I have a libpthread linked application. The core of the application are two FIFOs shared by four threads ( two threads per one FIFO that is ;). The FIFO class is synchronized using pthread mutexes and it stores pointers to big classes ( containing buffers of about 4kb size ) allocated inside static memory using overloaded new and delete operators ( no dynamic allocation here ).
The program itself usually works fine, but from time to time it segfaults for no visible reason. The problem is, that I can't debug the segfaults properly as I'm working on an embedded system with an old linux kernel (2.4.29) and g++ (gcc version egcs-2.91.66 19990314/Linux (egcs-1.1.2 release)).

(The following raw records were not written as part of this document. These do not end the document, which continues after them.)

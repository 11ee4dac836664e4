-- ===== src/Geometry/Floats.antt =====
-- Python's floats and the functions of its `math` module that the program calls: parameters of the
-- model, of which only the order is assumed to have laws.
use open_htap_stack.Prelude.{ℕ, ◌≡◌, Bool, true, false, if◌then◌else◌}

pub record Floats : Type 1 where
  pub Float : Type 0
  -- `a < b` and `a == b`
  pub lt : Float → Float → Bool
  pub eq : Float → Float → Bool
  pub add : Float → Float → Float
  pub sub : Float → Float → Float
  pub mul : Float → Float → Float
  pub div : Float → Float → Float
  pub fmod : Float → Float → Float
  pub neg : Float → Float
  pub hypot : Float → Float → Float
  pub sqrt : Float → Float
  pub sin : Float → Float
  pub cos : Float → Float
  pub asin : Float → Float
  pub atan2 : Float → Float → Float
  pub radians : Float → Float
  pub degrees : Float → Float
  pub infinity : Float
  -- `lit m k` is the literal m / 10 ^ k
  pub lit : ℕ → ℕ → Float

-- The order of floats that are no NaN.
pub record IsOrdered (fl : Floats) : Type 0 where
  pub irreflexive : (a : fl.Float) → fl.lt a a ≡ false
  -- what is not below `b` is not below what `b` is not below
  pub transitive : (a b c : fl.Float) → fl.lt a b ≡ false → fl.lt b c ≡ false → fl.lt a c ≡ false
  pub asymmetric : (a b : fl.Float) → fl.lt a b ≡ true → fl.lt b a ≡ false

module _ (fl : Floats) where
  open fl use {Float, lt}

  -- Python's `max(a, b)` and `min(a, b)` keep the first of equals.
  abbrev pub max_of : Float → Float → Float
  max_of a b = if lt a b then b else a

  abbrev pub min_of : Float → Float → Float
  min_of a b = if lt b a then b else a
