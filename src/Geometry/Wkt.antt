-- ===== src/Geometry/Wkt.antt =====
-- `parse_wkt_polygon`, of ingress/consumer/consumer.py and backend/app/utils/geometry.py. A text is the
-- list of its code points; Python's `float()` on a text is a parameter.
use open_htap_stack.Prelude.{
  ℕ, suc, ◌+◌, ◌-◌, Bool, true, false, ◌&&◌, Option, none, some, List, [], ◌∷◌, leb, ◌==◌,
  if◌then◌else◌, take, drop,
}
use open_htap_stack.Prelude.Chars.{codes, is_space, split, behind}

-- `text.lstrip()`
unfoldable pub strip_front : List ℕ → List ℕ
unfolding is_space
strip_front [] = []
strip_front (c ∷ cs) = if is_space c then strip_front cs else c ∷ cs

-- `text.rstrip()`: a white space stays only in front of something that stays.
abbrev pub keep_before : ℕ → List ℕ → Bool → List ℕ
keep_before c [] true = []
keep_before c [] false = c ∷ []
keep_before c (d ∷ ds) space = c ∷ d ∷ ds

unfoldable pub strip_back : List ℕ → List ℕ
unfolding is_space
strip_back [] = []
strip_back (c ∷ cs) = keep_before c (strip_back cs) (is_space c)

-- `text.strip()`
unfoldable pub strip : List ℕ → List ℕ
unfolding strip_front strip_back
strip text = strip_back (strip_front text)

-- `str.upper`, for a text that is compared with one of ASCII letters.
unfoldable pub upper : List ℕ → List ℕ
upper [] = []
upper (c ∷ cs) = (if leb 97 c && leb c 122 then c - 32 else c) ∷ upper cs

abbrev pub is_found : Option (List ℕ) → Bool
is_found none = false
is_found (some rest) = true

abbrev pub next : Option ℕ → Option ℕ
next none = none
next (some i) = some (suc i)

-- `text.find(part)`, for a part that is not empty; `none` is -1.
unfoldable pub find_part : List ℕ → List ℕ → Option ℕ
unfolding behind
find_part part [] = none
find_part part (c ∷ cs) =
    if is_found (behind part (c ∷ cs)) then some 0 else next (find_part part cs)

abbrev pub later : Option ℕ → Bool → Option ℕ
later (some i) here = some (suc i)
later none true = some 0
later none false = none

-- `text.rfind(part)`, likewise.
unfoldable pub rfind_part : List ℕ → List ℕ → Option ℕ
unfolding behind
rfind_part part [] = none
rfind_part part (c ∷ cs) = later (rfind_part part cs) (is_found (behind part (c ∷ cs)))

-- `text[start:end]`, empty where the end is no later than the start.
abbrev pub slice : ℕ → ℕ → List ℕ → List ℕ
slice start end text = take (end - start) (drop start text)

-- `text.split(",")`
abbrev pub put_first : ℕ → List (List ℕ) → List (List ℕ)
put_first c [] = (c ∷ []) ∷ []
put_first c (w ∷ ws) = (c ∷ w) ∷ ws

unfoldable pub split_comma : List ℕ → List (List ℕ)
split_comma [] = [] ∷ []
split_comma (c ∷ cs) = if c == b',' then [] ∷ split_comma cs else put_first c (split_comma cs)

abbrev pub open_mark : List ℕ
open_mark = codes "(("

abbrev pub close_mark : List ℕ
close_mark = codes "))"

module _ {F : Type 0} (float : List ℕ → Option F) where
  -- The pair of two readings, unless one of them raised ValueError.
  abbrev pub both : Option F → Option F → Option (F × F)
  both (some x) (some y) = some (x, y)
  both (some x) none = none
  both none o = none

  -- The body of the loop, on the parts of a pair.
  unfoldable pub vertex_of : List (List ℕ) → Option (F × F)
  vertex_of [] = none
  vertex_of (x ∷ []) = none
  vertex_of (x ∷ y ∷ rest) = both (float x) (float y)

  abbrev pub add_vertex : Option (F × F) → List (F × F) → List (F × F)
  add_vertex none ring = ring
  add_vertex (some v) ring = v ∷ ring

  -- The loop over the pairs.
  unfoldable pub ring_of : List (List ℕ) → List (F × F)
  unfolding vertex_of split
  ring_of [] = []
  ring_of (pair ∷ pairs) = add_vertex (vertex_of (split [] pair)) (ring_of pairs)

  unfoldable pub ring_between : Option ℕ → Option ℕ → List ℕ → List (F × F)
  unfolding ring_of split_comma
  ring_between none end text = []
  ring_between (some start) none text = []
  ring_between (some start) (some end) text = ring_of (split_comma (slice (start + 2) end text))

  unfoldable pub parse_stripped : List ℕ → List (F × F)
  unfolding ring_between find_part rfind_part upper behind
  parse_stripped text =
      if is_found (behind (codes "POLYGON") (upper text))
      then ring_between (find_part open_mark text) (rfind_part close_mark text) text
      else []

  -- `parse_wkt_polygon`; a missing text counts as an empty one.
  unfoldable pub parse_wkt_polygon : Option (List ℕ) → List (F × F)
  unfolding parse_stripped strip
  parse_wkt_polygon none = parse_stripped []
  parse_wkt_polygon (some wkt) = parse_stripped (strip wkt)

There's no gdb on the system, and I can't run the application elsewhere ( it's too hardware specific ).
I compiled the application with -g and -rdynamic flags, but an external gdb tells me nothing when I examine the core file ( only hex addresses ) - still I can print the backtrace from the program after catching SIGSEGV - it always looks like this:
Backtrace for process with pid: 6279
-========================================-
[0x8065707]
[0x806557a]
/lib/libc.so.6(sigaction+0x268) [0x400bfc68]
[0x8067bb9]
[0x8067b72]
[0x8067b25]
[0x8068429]
[0x8056cd4]
/lib/libpthread.so.0(pthread_detach+0x515) [0x40093b85]
/lib/libc.so.6(__clone+0x3a) [0x4015316a]
-========================================-
End of backtrace
So it seems to be pointing to libpthread...
I ran some of the modules through valgrind, but I didn't find any memory leaks (as I'm barely using any dynamic allocation ).
I thought that maybe the mutexes are causing some trouble ( as they are being locked/unlocked about 200 times a second ) so I switched my simple mutex class:
class AGMutex {
public:
AGMutex( void ) {
pthread_mutex_init( &mutex1, NULL );
}
~AGMutex( void ) {
pthread_mutex_destroy( &mutex1 );
}
void lock( void ) {
pthread_mutex_lock( &mutex1 );
}
void unlock( void ) {
pthread_mutex_unlock( &mutex1 );
}
private:
pthread_mutex_t mutex1;
};
to a dummy mutex class:
class AGMutex {
public:
AGMutex( void ) : mutex1( false ) {
}
~AGMutex( void ) {
}
volatile void lock( void ) {
if ( mutex1 ) {
while ( mutex1 ) {
usleep( 1 );
}
}
mutex1 = true;
}
volatile void unlock( void ) {
mutex1 = false;
}
private:
volatile bool mutex1;
};
but it changed nothing and the backtrace looks the same...
After some oldchool put-cout-between-every-line-and-see-where-it-segfaults-plus-remember-the-pids-and-stuff debugging session it seems that it segfaults during usleep (?).
I have no idea what else could be wrong. It can work for an hour or so, and then suddenly segfault for no apparent reason.
Has anybody ever encountered a similar problem?